Elizabeth lying down
Elizabeth Delacruz was diagnosed with cortical blindness by 8 months of age, a repercussion of a rare metabolic disease that causes frequent seizures and deteriorates brain function and mobility.

Ms. Mejia realizes it may also be the last, unless doctors can find a way to detect and prevent the epileptic seizures stemming from a terminal disease called pyruvate dehydrogenase deficiency (PDHD) – which occurs when mitochondria don’t provide enough energy for the cells.

A UT Southwestern study gives parents like Ms. Mejia renewed hope for their children: By monitoring the brain activity of a specific cell type responsible for seizures, scientists can predict convulsions at least four minutes in advance in both humans and mice. The research further shows that an edible acid called acetate may effectively prevent seizures if they are detected with enough notice.

Although the prediction strategy cannot yet be used clinically – a mobile technology for measuring brain activity would have to be developed – it signifies a potential breakthrough in a field that had only been able to forecast seizures a few seconds ahead.

Dr. Juan Pascual
Dr. Juan Pascual

Many of the families I meet with are not just bothered by the seizures. The problem is the unpredictability, the not knowing when and where a seizure might occur, said Dr. Juan Pascual, a pediatric neurologist with UT Southwestern’s Peter O’Donnell Jr. Brain Institute who led the study published recently in Science Translational Medicine. We’ve found a new approach that may one day solve this issue and hopefully help other scientists track down the root of seizures for many kinds of epilepsy.

The critical difference between the study and previous efforts was debunking the long-held belief among researchers that most cells in epilepsy patients have malfunctioning mitochondria.

In fact, Dr. Pascual’s team spent a decade developing a PDHD mouse model that enabled them to first discover the key metabolic defect in the brain and then determine only a single neuron type was responsible for seizures as the result of the metabolic defect. They honed in on these neurons’ electrical activity with an electroencephalogram (EEG) to detect which brainwave readings signaled an upcoming seizure.

Elizabeth Delacruz is offered a toy for mental stimulation.
Elizabeth Delacruz is offered a toy for mental stimulation.

It’s much more difficult to predict seizures if you don’t know the cell type and what its activity looks like on the EEG, said Dr.
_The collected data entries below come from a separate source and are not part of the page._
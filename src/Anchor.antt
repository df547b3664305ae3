-- ===== src/Anchor.antt =====
-- The external authority anchor (`faar/anchor.py`): the highest (runtime_epoch, fence_counter) ever
-- committed for each grant version, kept outside the datastore. The state is that of
-- InMemoryAuthorityAnchor; FileAuthorityAnchor keeps the same marks in a file that may fail to be
-- read or written, which the environment decides for each key.
mod Defs
pub mod Order
pub use Defs.{Mark, AnchorKey, grant_key, exposure_caps, Anchor, AnchorError, unavailable, mismatch}
unfoldable pub use Defs.{
  same_key, lt_mark, max_mark, regressed, high_water, record_mark, reset_mark, bind_identity,
}
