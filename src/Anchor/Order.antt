-- ===== src/Anchor/Order.antt =====
-- The order of marks is the lexicographic one, and recording never lowers a mark.
use faar_runtime.Common.{◌<◌, ◌≡◌, refl, ◌⊎◌, true, arith}
use faar_runtime.Anchor.Defs.{Mark, AnchorKey, grant_key, exposure_caps, same_key, lt_mark}

-- A mark is behind another: the epoch is less, or the same with a lesser fence counter.
abbrev pub Behind : Mark → Mark → Type 0
Behind a b = (a.epoch < b.epoch) ⊎ ((a.epoch ≡ b.epoch) × (a.fence < b.fence))

pub lt_mark→Behind : (a b : Mark) → lt_mark a b ≡ true → Behind a b
unfolding lt_mark
lt_mark→Behind a b h = ground arith

pub Behind→lt_mark : (a b : Mark) → Behind a b → lt_mark a b ≡ true
unfolding lt_mark
Behind→lt_mark a b h = ground arith

pub same_key_refl : (k : AnchorKey) → same_key k k ≡ true
unfolding same_key
same_key_refl (grant_key g v) = ground arith
same_key_refl exposure_caps = refl

pub same_key_sound : (k j : AnchorKey) → same_key k j ≡ true → k ≡ j
unfolding same_key
same_key_sound (grant_key g v) (grant_key h w) e = ground arith
same_key_sound (grant_key g v) exposure_caps e = ground arith
same_key_sound exposure_caps (grant_key h w) e = ground arith
same_key_sound exposure_caps exposure_caps e = refl
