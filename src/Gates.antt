-- ===== src/Gates.antt =====
-- The gates of `faar/gates.py` that judge an intent before it is reserved: the decision of the
-- authority and the risk snapshot.
pub mod Decisions
pub mod Capability
pub mod Authority
pub mod Risk
pub mod RiskBounds
pub mod CapabilityBounds
pub mod Unreasoned
pub mod Assets
pub mod Slippage
pub mod Completeness
mod Tests
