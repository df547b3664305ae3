-- ===== src/Models/Enums.antt =====
-- The enumerations of `faar/models.py`, with the sets of primitives that the gates use.
use faar_runtime.Common.{Bool, true, false}

pub data AuthorityPosture : Type 0 where
  advise execute defer stop : AuthorityPosture

pub data AuthorityPrimitive : Type 0 where
  execute_action give_fact give_recommendation ask_clarifying_question state_blocker
        recommend_nearest_safe_alternative compare_options make_plan refuse_and_redirect summarize :
      AuthorityPrimitive

pub data EconomicPrimitive : Type 0 where
  pay swap buy sell place_order cancel_order : EconomicPrimitive

-- SLIPPAGE_BOUND_PRIMITIVES
unfoldable pub is_slippage_bound : EconomicPrimitive → Bool
is_slippage_bound EconomicPrimitive.pay = false
is_slippage_bound EconomicPrimitive.cancel_order = false
is_slippage_bound _ = true

-- MONETARY_PRIMITIVES
unfoldable pub is_monetary : EconomicPrimitive → Bool
is_monetary EconomicPrimitive.cancel_order = false
is_monetary _ = true

-- TARGET_BOUND_PRIMITIVES
unfoldable pub is_target_bound : EconomicPrimitive → Bool
is_target_bound EconomicPrimitive.pay = true
is_target_bound EconomicPrimitive.swap = true
is_target_bound _ = false

pub data GrantStatus : Type 0 where
  active paused revoked : GrantStatus

pub data Verdict : Type 0 where
  allow deny defer stop : Verdict

pub data IntentState : Type 0 where
  proposed denied deferred stopped authorized reserved submitted unknown reconciling confirmed
        finalized failed_safe :
      IntentState

pub data SettlementStatus : Type 0 where
  none unknown confirmed partially_filled finalized cancelled contradictory : SettlementStatus

pub data OutcomeVerdict : Type 0 where
  met not_met unknown : OutcomeVerdict
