-- ===== src/Models/Payload.antt =====
-- The payload of an intent: a JSON object, as an association list with the values that the code
-- tells apart.
use text.Mathlib.Text.{◌==◌ as str_eq}
use Prim.Native.String.{String}
use faar_runtime.Common.{Bool, Option, none, some, List, [], ◌∷◌, if◌then◌else◌, is_some}
use faar_runtime.Common.Int.{ℤ}

-- A float or a Decimal carries the amount that its plain decimal form denotes, if that form is
-- within the bounds of `parse_bounded_decimal`. `other` is a list, a mapping, a set or a datetime.
pub data Value : Type 0 where
  null : Value
  bool : Bool → Value
  int : ℤ → Value
  number : Option ℤ → Value
  str : String → Value
  other : Value

abbrev pub Payload : Type 0
Payload = List (String × Value)

-- payload.get(field); the outer option is `field in payload`
unfoldable pub item : String → Payload → Option Value
item k [] = none
item k ((j, v) ∷ m) = if str_eq j k then some v else item k m

-- payload.get(field), where a missing key and null are both None
unfoldable pub get : String → Payload → Value
unfolding item
get k m = elim (item k m) [ none ↦ Value.null | some v ↦ v ]

-- field in payload
unfoldable pub contains : String → Payload → Bool
unfolding item
contains k m = is_some (item k m)
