-- ===== src/Models/Grant.antt =====
-- CapabilityLimits and CapabilityGrant with their constructors' checks, Intent and RiskSnapshot.
use Prim.Native.Nat.{◌^◌}
use Prim.Native.String.{String}
use text.Mathlib.Text.{◌==◌ as str_eq}
use faar_runtime.Common.{
  ℕ, ◌-◌, ◌*◌, Bool, true, false, not, ◌&&◌, ◌||◌, Option, none, some, List, [], ◌∷◌, ltb, leb,
  is_some, is_none,
}
use faar_runtime.Common.Int.{ℤ}
use faar_runtime.Common.Result.{Result, ◌>>◌, require}
use faar_runtime.Models.Enums.{
  EconomicPrimitive, GrantStatus, is_monetary, is_target_bound, is_slippage_bound,
}
use faar_runtime.Models.Payload.{Payload}

abbrev pub max_safe_int : ℕ
max_safe_int = 2 ^ 63 - 1

abbrev pub max_limit_seconds : ℕ
max_limit_seconds = 366 * 86400

abbrev pub max_clock_skew_limit : ℕ
max_clock_skew_limit = 3600

pub record CapabilityLimits : Type 0 where
  pub max_order_usd : Option ℕ
  pub max_position_usd : Option ℕ
  pub max_daily_turnover_usd : Option ℕ
  pub max_daily_loss_usd : Option ℕ
  pub max_slippage_bps : Option ℕ
  pub max_price_impact_bps : Option ℕ
  pub max_market_data_age_seconds : Option ℕ
  pub max_risk_snapshot_age_seconds : Option ℕ
  pub max_intent_ttl_seconds : Option ℕ
  pub max_clock_skew_seconds : ℕ
  pub max_actions_per_window : Option ℕ
  pub action_window_seconds : Option ℕ
  pub max_submission_attempts : ℕ

pub record CapabilityGrant : Type 0 where
  pub principal_id : ℕ
  pub grant_id : ℕ
  pub version : ℕ
  pub actor_id : ℕ
  pub status : GrantStatus
  pub allowed_primitives : List EconomicPrimitive
  pub allowed_venues : List ℕ
  pub allowed_assets : List String
  pub allowed_targets : List String
  pub denied_targets : List String
  pub valid_until : Option ℕ
  pub limits : CapabilityLimits

pub record Intent : Type 0 where
  pub principal_id : ℕ
  pub intent_id : ℕ
  pub actor_id : ℕ
  pub grant_id : ℕ
  pub grant_version : ℕ
  pub primitive : EconomicPrimitive
  pub venue : ℕ
  pub created_at : ℕ
  pub expires_at : ℕ
  pub payload : Payload

-- A Decimal of a risk snapshot may be a NaN or an infinity.
pub data Decimal : Type 0 where
  finite : ℤ → Decimal
  non_finite : Decimal

pub record RiskSnapshot : Type 0 where
  pub observed_at : ℕ
  pub state_version : ℕ
  pub scope : ℕ
  pub position_after_usd : Option Decimal
  pub daily_turnover_after_usd : Option Decimal
  pub daily_loss_usd : Option Decimal
  pub market_data_age_seconds : Option ℤ
  pub requested_slippage_bps : Option ℤ
  pub price_impact_bps : Option ℤ
  pub actions_in_window : ℕ
  pub circuit_breaker_active : Bool
  pub data_complete : Bool
  pub source_count : ℕ
  pub sources_agree : Bool

-- `raise ValueError(...)`
pub data ValueError : Type 0 where
  value_error : ValueError

-- _require_int of a field that holds a natural number
unfoldable pub is_int_in : ℕ → ℕ → ℕ → Bool
is_int_in minimum maximum v = leb minimum v && leb v maximum

-- the same where the field may be None
unfoldable pub is_optional_int_in : ℕ → ℕ → Option ℕ → Bool
unfolding is_int_in
is_optional_int_in minimum maximum none = true
is_optional_int_in minimum maximum (some v) = is_int_in minimum maximum v

-- CapabilityLimits.__post_init__: the four amounts are Decimals that are not negative by their type
unfoldable pub check_limits : CapabilityLimits → Result ValueError (Unit {0})
unfolding is_optional_int_in is_int_in
check_limits l = do
  require (is_optional_int_in 0 max_safe_int l.max_slippage_bps) value_error
  require (is_optional_int_in 0 max_safe_int l.max_price_impact_bps) value_error
  require (is_optional_int_in 0 max_safe_int l.max_actions_per_window) value_error
  require (is_optional_int_in 0 max_limit_seconds l.max_market_data_age_seconds) value_error
  require (is_optional_int_in 0 max_limit_seconds l.max_risk_snapshot_age_seconds) value_error
  require (is_optional_int_in 0 max_limit_seconds l.max_intent_ttl_seconds) value_error
  require (is_int_in 0 max_clock_skew_limit l.max_clock_skew_seconds) value_error
  require (is_optional_int_in 1 max_limit_seconds l.action_window_seconds) value_error
  require (is_none l.max_actions_per_window || is_some l.action_window_seconds) value_error
  require (is_int_in 1 max_safe_int l.max_submission_attempts) value_error

-- any(p in s for p in allowed_primitives)
unfoldable pub any_primitive : (EconomicPrimitive → Bool) → List EconomicPrimitive → Bool
any_primitive p [] = false
any_primitive p (x ∷ xs) = p x || any_primitive p xs

unfoldable pub mem_text : String → List String → Bool
mem_text t [] = false
mem_text t (s ∷ ss) = str_eq t s || mem_text t ss

-- allowed & denied is not empty
unfoldable pub overlap : List String → List String → Bool
unfolding mem_text
overlap [] ds = false
overlap (a ∷ as_) ds = mem_text a ds || overlap as_ ds

abbrev pub is_empty {ℓ} : {A : Type ℓ} → List A → Bool
is_empty [] = true
is_empty (_ ∷ _) = false

-- `limit is not None and limit > 0`
abbrev pub is_positive : Option ℕ → Bool
is_positive none = false
is_positive (some v) = ltb 0 v

-- CapabilityGrant.__post_init__
unfoldable pub check_grant : CapabilityGrant → Result ValueError (Unit {0})
check_grant g = do
  require (is_int_in 1 max_safe_int g.version) value_error
  require (not (is_empty g.allowed_primitives)) value_error
  require (not (is_empty g.allowed_venues)) value_error
  let monetary = any_primitive is_monetary g.allowed_primitives
  require (not monetary || is_positive g.limits.max_order_usd) value_error
  require (not monetary || is_positive g.limits.max_daily_turnover_usd) value_error
  require (not monetary || not (is_empty g.allowed_assets)) value_error
  require
      (not (any_primitive is_target_bound g.allowed_primitives) || not (is_empty g.allowed_targets))
      value_error
  require (is_some g.limits.max_actions_per_window && is_some g.limits.action_window_seconds)
      value_error
  require (is_positive g.limits.max_actions_per_window) value_error
  require
      (not (any_primitive is_slippage_bound g.allowed_primitives)
        || is_some g.limits.max_slippage_bps)
      value_error
  require (not (overlap g.allowed_targets g.denied_targets)) value_error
Pascual, a Professor of Neurology & Neurotherapeutics, Pediatrics, and Physiology with the O’Donnell Brain Institute and the Eugene McDermott Center for Human Growth and Development. Until this finding, we thought it was a global deficiency in the cells and so we didn’t even know to look for a specific type.
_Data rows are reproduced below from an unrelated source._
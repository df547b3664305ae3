-- ===== src/Runtime/Effects/Processing.antt =====
-- A call of `process` relates the worlds before and after, if what it submits and reconciles does.
use faar_runtime.Common.{ℕ, Bool, Option, some, List, []}
use faar_runtime.Common.Result.{Result, ok, err}
use faar_runtime.Models.Enums.{IntentState, authorized, reserved, Verdict}
use faar_runtime.Models.Grant.{CapabilityGrant, Intent}
use faar_runtime.Store.Schema.{IntentRow, unknown_grant, grant_conflict, ControlStatus}
use faar_runtime.Store.Steps.{Step, here, next}
use faar_runtime.Store.Usage.{Admission, admitted, rejected}
use faar_runtime.Worker.Defs.{Env, Entry, World, Raised, store_error, ◌>>=◌}
use faar_runtime.Worker.Judgement.{Credentials, Judgement}
use faar_runtime.Worker.Effects.{IsEffect, Does, Does-raise, Does-bind, Does-call, effect_rules}
use faar_runtime.Runtime.Submission.{submit}
use faar_runtime.Runtime.Reconciliation.{reconcile_again}
use faar_runtime.Runtime.Processing
use faar_runtime.Runtime.Processing.{
  process, on_admission, by_verdict, on_grant, submit_or_reconcile,
}
use faar_runtime.Runtime.Calls.{change, because}
use faar_runtime.Runtime.Effects.Calls.{
  get-Does, change-Does, log-Does, assert-Does, verify-Does, status-Does, current_result-Does,
  stop_if_possible-Does, release_orphaned_hold-Does, handled-Does, guarded-Does,
}

ruleset rules = (
  effect_rules, get-Does, change-Does, log-Does, status-Does, assert-Does, verify-Does,
  current_result-Does, stop_if_possible-Does, release_orphaned_hold-Does,
)

module _ (e : Env) {R : World → World → Type 0} (eff : IsEffect e R) (fuel : ℕ) (i : Intent)
    (g : CapabilityGrant) (x : Credentials)
    (agains : (b : Bool) (o : Option ℕ) → Does R (reconcile_again e fuel i g (some x) b o))
    (submits : Does R (submit e (reconcile_again e fuel i g (some x)) i g x)) where
  -- The intent is reserved, recorded and submitted.
  reach-Does :
      (entry : Entry)
      → Does R (
          change e i.intent_id authorized reserved (because [])
          >>= submit_or_reconcile e fuel i g x entry)
  reach-Does entry = search (rules) depth 14

module _ (e : Env) {R : World → World → Type 0} (eff : IsEffect e R) (fuel : ℕ) (i : Intent)
    (g : CapabilityGrant) (x : Credentials)
    (agains : (b : Bool) (o : Option ℕ) → Does R (reconcile_again e fuel i g (some x) b o))
    (reaches : (entry : Entry)
      → Does R (
          change e i.intent_id authorized reserved (because [])
          >>= submit_or_reconcile e fuel i g x entry)) where
  register-Does : Does R (Processing.register_intent e fuel i g x)
  unfolding Processing.register_intent
  register-Does = record {
    at = λ w.
        (Does-call e eff _ (λ s r t h. next here (
            Step.register_intent i (e.hashes.intent i) (e.content w.calls Entry.registered) r t
              h))).at
          w;
  }

  end-Does :
      (from_ to_ : IntentState) (reasons : List ℕ) (entry : Entry)
      → Does R (Processing.end e fuel i g x from_ to_ reasons entry)
  unfolding Processing.end
  end-Does from_ to_ reasons entry = search (rules) depth 14

  recover-Does : (now : ℕ) → Does R (Processing.recover e fuel i g x now)
  unfolding Processing.recover
  recover-Does now = search (rules, end-Does) depth 14

  on_admission-Does : (a : Admission) → Does R (on_admission e fuel i g x a)
  on_admission-Does admitted = search (rules) depth 14
  on_admission-Does (rejected rs) = search (rules) depth 14

  admit-Does : (now : ℕ) → Does R (Processing.admit e fuel i g x now)
  unfolding Processing.admit
  admit-Does now =
      Does-bind e eff _ _
        (Does-call e eff _ (λ s r t h. next here (Step.reserve i g x.risk now r t h)))
        on_admission-Does

  by_verdict-Does :
      (now : ℕ) (j : Judgement) (v : Verdict) → Does R (by_verdict e fuel i g x now j v)
  by_verdict-Does now j Verdict.allow = search (rules, end-Does, admit-Does) depth 14
  by_verdict-Does now j other = end-Does _ _ _ _

  decide-Does : (now : ℕ) → Does R (Processing.decide e fuel i g x now)
  unfolding Processing.decide
  decide-Does now = search (rules, end-Does, by_verdict-Does) depth 14

  inactive-Does :
      (row : IntentRow) (status : ControlStatus)
      → Does R (Processing.inactive e fuel i g x row status)
  unfolding Processing.inactive
  inactive-Does row status = search (rules, end-Does) depth 14

  with_status-Does :
      (now : ℕ) (row : IntentRow) → Does R (Processing.with_status e fuel i g x now row)
  unfolding Processing.with_status
  with_status-Does now row = search (rules, inactive-Does, recover-Does, decide-Does) depth 14

  on_grant-Does :
      (now : ℕ) (row : IntentRow) (r : Result Raised (Unit {0}))
      → Does R (on_grant e fuel i g x now row r)
  on_grant-Does now row (ok a) = search (rules, with_status-Does) depth 14
  on_grant-Does now row (err (store_error unknown_grant)) = stop_if_possible-Does e eff row _
  on_grant-Does now row (err (store_error grant_conflict)) = stop_if_possible-Does e eff row _
  on_grant-Does now row (err other) = Does-raise e eff _

  unlocked-Does : (now : ℕ) → Does R (Processing.process_unlocked e fuel i g x now)
  unfolding Processing.process_unlocked
  unlocked-Does now = search (rules, register-Does, on_grant-Does) depth 14

  -- What is asked of a submission is asked where the intent was reserved.
  pub reaching-Does : Does R (process e fuel i g x)
  unfolding process
  reaching-Does = search (rules, register-Does, unlocked-Does, handled-Does, guarded-Does) depth 14

module _ (e : Env) {R : World → World → Type 0} (eff : IsEffect e R) (fuel : ℕ) (i : Intent)
    (g : CapabilityGrant) (x : Credentials)
    (agains : (b : Bool) (o : Option ℕ) → Does R (reconcile_again e fuel i g (some x) b o))
    (submits : Does R (submit e (reconcile_again e fuel i g (some x)) i g x)) where
  pub process-Does : Does R (process e fuel i g x)
  process-Does = reaching-Does e eff fuel i g x agains (reach-Does e eff fuel i g x agains submits)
The study, supported by the National Institutes of Health, The Once Upon a Time Foundation, and patient donations, shows how a PDHD mouse model helped scientists trace the seizures to inhibitory neurons near the cortex that normally keep the brain’s electrical activity in check.

A terminal disease has taken most of Elizabeth Delacruz’s mobility. She can’t stand or hold her head up without support.
A terminal disease has taken most of Elizabeth Delacruz’s mobility. She can’t stand or hold her head up without support.

Scientists then tested a method of calculating when seizures would occur in mice and humans by reviewing EEG files and looking for decreased activity in energy-deficient neurons. Their calculations enabled them to forecast 98 percent of the convulsions at least four minutes in advance.

Dr. Pascual said the discovery that a single cell type can be used to forecast seizures is a paradigm-shifting finding that may apply to all mitochondrial diseases and related epilepsies.

Ms. Mejia hopes that Dr. Pascual’s work can someday change the prognosis for PDHD. It’s so hard to see her go through this, Ms. Mejia said. Every time she has a seizure, her brain is getting worse. I still hope one day she can get a treatment that could stop all this and make her life better.